(Stored data entries)

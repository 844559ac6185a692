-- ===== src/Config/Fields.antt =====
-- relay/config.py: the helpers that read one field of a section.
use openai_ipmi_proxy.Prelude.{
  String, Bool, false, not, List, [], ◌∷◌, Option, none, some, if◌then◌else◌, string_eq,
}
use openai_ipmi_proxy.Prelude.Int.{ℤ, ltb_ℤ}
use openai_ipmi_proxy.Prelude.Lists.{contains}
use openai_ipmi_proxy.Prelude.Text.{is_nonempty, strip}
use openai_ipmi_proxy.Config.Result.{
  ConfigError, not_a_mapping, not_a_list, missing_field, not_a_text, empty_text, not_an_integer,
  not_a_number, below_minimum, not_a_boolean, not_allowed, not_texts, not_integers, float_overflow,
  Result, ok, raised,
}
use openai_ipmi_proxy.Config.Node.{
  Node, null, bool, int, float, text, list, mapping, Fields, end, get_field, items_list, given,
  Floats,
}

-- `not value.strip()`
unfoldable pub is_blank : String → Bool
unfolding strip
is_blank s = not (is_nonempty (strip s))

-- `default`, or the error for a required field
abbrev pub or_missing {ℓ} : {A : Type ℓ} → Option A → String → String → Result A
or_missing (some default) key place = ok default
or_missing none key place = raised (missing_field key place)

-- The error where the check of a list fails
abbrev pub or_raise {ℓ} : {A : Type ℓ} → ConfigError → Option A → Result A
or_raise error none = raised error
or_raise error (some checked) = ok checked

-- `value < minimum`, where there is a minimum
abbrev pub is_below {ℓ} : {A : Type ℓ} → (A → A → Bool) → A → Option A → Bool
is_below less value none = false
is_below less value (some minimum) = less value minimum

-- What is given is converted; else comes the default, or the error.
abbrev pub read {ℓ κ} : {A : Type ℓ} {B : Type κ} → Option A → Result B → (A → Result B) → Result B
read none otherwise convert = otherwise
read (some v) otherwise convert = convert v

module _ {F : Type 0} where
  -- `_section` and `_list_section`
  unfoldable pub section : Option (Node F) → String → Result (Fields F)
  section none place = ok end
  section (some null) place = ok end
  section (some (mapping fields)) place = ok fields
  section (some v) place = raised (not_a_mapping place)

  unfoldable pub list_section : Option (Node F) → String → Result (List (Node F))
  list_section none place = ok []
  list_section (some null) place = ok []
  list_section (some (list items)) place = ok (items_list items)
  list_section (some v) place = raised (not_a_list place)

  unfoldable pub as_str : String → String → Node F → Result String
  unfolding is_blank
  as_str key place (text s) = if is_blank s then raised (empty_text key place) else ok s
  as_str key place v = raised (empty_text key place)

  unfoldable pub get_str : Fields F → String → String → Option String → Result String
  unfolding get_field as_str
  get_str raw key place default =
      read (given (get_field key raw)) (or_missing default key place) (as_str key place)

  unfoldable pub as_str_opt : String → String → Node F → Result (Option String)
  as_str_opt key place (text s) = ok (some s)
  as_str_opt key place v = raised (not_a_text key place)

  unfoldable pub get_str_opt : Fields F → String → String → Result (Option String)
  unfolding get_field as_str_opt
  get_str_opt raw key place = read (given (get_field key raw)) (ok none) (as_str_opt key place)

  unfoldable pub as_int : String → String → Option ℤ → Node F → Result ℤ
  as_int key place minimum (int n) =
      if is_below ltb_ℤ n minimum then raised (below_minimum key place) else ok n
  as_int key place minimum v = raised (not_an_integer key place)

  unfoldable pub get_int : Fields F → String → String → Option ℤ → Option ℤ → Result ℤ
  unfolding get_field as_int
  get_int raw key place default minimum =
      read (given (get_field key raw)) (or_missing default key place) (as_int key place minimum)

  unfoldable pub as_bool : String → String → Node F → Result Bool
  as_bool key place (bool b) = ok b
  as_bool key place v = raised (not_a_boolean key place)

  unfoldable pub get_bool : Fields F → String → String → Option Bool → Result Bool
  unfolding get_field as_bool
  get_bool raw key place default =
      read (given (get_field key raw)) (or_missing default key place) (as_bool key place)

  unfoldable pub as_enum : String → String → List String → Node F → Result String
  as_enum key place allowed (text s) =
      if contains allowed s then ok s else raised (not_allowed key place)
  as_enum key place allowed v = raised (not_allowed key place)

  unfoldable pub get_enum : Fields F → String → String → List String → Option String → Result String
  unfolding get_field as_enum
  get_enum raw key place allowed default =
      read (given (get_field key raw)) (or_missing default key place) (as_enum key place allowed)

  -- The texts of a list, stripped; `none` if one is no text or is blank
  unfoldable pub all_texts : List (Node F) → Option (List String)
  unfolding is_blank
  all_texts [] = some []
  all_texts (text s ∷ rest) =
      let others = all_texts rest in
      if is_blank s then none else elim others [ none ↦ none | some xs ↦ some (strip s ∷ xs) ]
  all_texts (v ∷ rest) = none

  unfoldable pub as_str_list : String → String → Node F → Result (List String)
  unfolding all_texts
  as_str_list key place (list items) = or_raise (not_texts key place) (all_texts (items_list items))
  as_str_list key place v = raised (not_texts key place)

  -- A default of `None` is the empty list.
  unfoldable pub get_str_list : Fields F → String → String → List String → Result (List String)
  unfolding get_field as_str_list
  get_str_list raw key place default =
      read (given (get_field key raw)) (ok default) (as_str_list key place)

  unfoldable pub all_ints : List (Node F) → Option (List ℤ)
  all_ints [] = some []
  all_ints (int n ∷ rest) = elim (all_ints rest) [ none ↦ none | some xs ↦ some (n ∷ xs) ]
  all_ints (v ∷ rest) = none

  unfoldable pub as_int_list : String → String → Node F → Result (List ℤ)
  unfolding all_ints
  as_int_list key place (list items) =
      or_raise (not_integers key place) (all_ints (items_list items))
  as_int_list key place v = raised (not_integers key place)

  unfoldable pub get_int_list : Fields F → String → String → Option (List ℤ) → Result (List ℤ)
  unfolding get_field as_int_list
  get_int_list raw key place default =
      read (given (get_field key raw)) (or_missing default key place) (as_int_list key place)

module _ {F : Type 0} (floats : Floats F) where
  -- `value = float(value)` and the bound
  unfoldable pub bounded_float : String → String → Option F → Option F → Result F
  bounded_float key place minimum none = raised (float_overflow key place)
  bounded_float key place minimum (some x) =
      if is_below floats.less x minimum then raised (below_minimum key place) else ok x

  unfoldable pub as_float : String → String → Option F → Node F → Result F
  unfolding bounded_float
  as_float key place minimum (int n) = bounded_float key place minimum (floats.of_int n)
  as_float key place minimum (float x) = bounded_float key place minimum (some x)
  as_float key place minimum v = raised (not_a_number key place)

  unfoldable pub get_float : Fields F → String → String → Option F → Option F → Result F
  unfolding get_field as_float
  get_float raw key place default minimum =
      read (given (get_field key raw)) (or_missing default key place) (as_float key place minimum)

How to complete this task: Using the data above, transcribe the lines that run from the line with "as_int key place minimum v" to the line with "(as_int key place minimum)", both ends kept, and output nothing else.

Answer to the problem:
  as_int key place minimum v = raised (not_an_integer key place)

  unfoldable pub get_int : Fields F → String → String → Option ℤ → Option ℤ → Result ℤ
  unfolding get_field as_int
  get_int raw key place default minimum =
      read (given (get_field key raw)) (or_missing default key place) (as_int key place minimum)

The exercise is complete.